Retrieving, Rethinking and Revising: The Chain-of-Verification Can Improve Retrieval Augmented Generation
He, Bolei, Chen, Nuo, He, Xinran, Yan, Lingyong, Wei, Zhenkai, Luo, Jinchang, Ling, Zhen-Hua
Recent Retrieval Augmented Generation (RAG) aims to enhance Large Language Models (LLMs) by incorporating extensive knowledge retrieved from external sources. However, such approach encounters some challenges: Firstly, the original queries may not be suitable for precise retrieval, resulting in erroneous contextual knowledge; Secondly, the language model can easily generate inconsistent answer with external references due to their knowledge boundary limitation.

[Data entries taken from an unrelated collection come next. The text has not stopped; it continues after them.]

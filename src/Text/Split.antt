-- ===== src/Text/Split.antt =====
-- Splitting, trimming and cutting of the texts that package strings is used on.
use bincrypt.Prelude.{
  ℕ, ◌≡◌, refl, ◌∙◌, ap, Bool, true, false, not, ◌==◌, List, [], ◌∷◌, ◌++◌, some, Bytes, arith, all,
  All,
}
use bincrypt.Text.{split, join, cut, is_space, trim_right}

abbrev pub lacks : ℕ → Bytes → Bool
lacks sep s = all (λ c. not (c == sep)) s

pub lacks-append :
    (sep : ℕ) (s t : Bytes) → lacks sep s ≡ true → lacks sep t ≡ true → lacks sep (s ++ t) ≡ true
lacks-append sep [] t h k = k
lacks-append sep (c ∷ s) t h k = ground (arith, lacks-append sep s t)

-- Splitting off the first of several parts.
pub split-first :
    (sep : ℕ) (part rest : Bytes)
    → lacks sep part ≡ true
    → split sep (part ++ sep ∷ rest) ≡ part ∷ split sep rest
unfolding split
split-first sep [] rest h = ground arith
split-first sep (c ∷ part) rest h = ground (arith, split-first sep part rest)

pub split-whole : (sep : ℕ) (part : Bytes) → lacks sep part ≡ true → split sep part ≡ part ∷ []
unfolding split
split-whole sep [] h = refl
split-whole sep (c ∷ part) h = ground (arith, split-whole sep part)

pub split-join :
    (sep : ℕ) (part : Bytes) (parts : List Bytes)
    → All (λ (s : Bytes). lacks sep s ≡ true) (part ∷ parts)
    → split sep (join sep (part ∷ parts)) ≡ part ∷ parts
unfolding join
split-join sep part [] (h, _) = split-whole sep part h
split-join sep part (next ∷ parts) (h, k) =
    split-first sep part (join sep (next ∷ parts)) h
    ∙ ap (λ (r : List Bytes). part ∷ r) (split-join sep next parts k)

pub cut-first :
    (sep : ℕ) (part rest : Bytes)
    → lacks sep part ≡ true
    → cut sep (part ++ sep ∷ rest) ≡ (part, some rest)
unfolding cut
cut-first sep [] rest h = ground arith
cut-first sep (c ∷ part) rest h = ground (arith, cut-first sep part rest)

-- A text that ends with no space keeps its end.
pub trim_right-end :
    (s : Bytes) (c : ℕ) → is_space c ≡ false → trim_right (s ++ c ∷ []) ≡ s ++ c ∷ []
unfolding trim_right
trim_right-end [] c h = ground arith
trim_right-end (d ∷ []) c h = ground (arith, trim_right-end [] c h)
trim_right-end (d ∷ e ∷ s) c h = ground (arith, trim_right-end (e ∷ s) c h)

To address these issues, we propose the chain-of-verification (CoV-RAG) to enhance the external retrieval correctness and internal generation consistency. Specifically, we integrate the verification module into the RAG, engaging in scoring, judgment, and rewriting. To correct external retrieval errors, CoV-RAG retrieves new knowledge using a revised query. To correct internal generation errors, we unify QA and verification tasks with a Chain-of-Thought (CoT) reasoning during training. Our comprehensive experiments across various LLMs demonstrate the effectiveness and adaptability compared with other strong baselines. Especially, our CoV-RAG can significantly surpass the state-of-the-art baselines using different LLM backbones.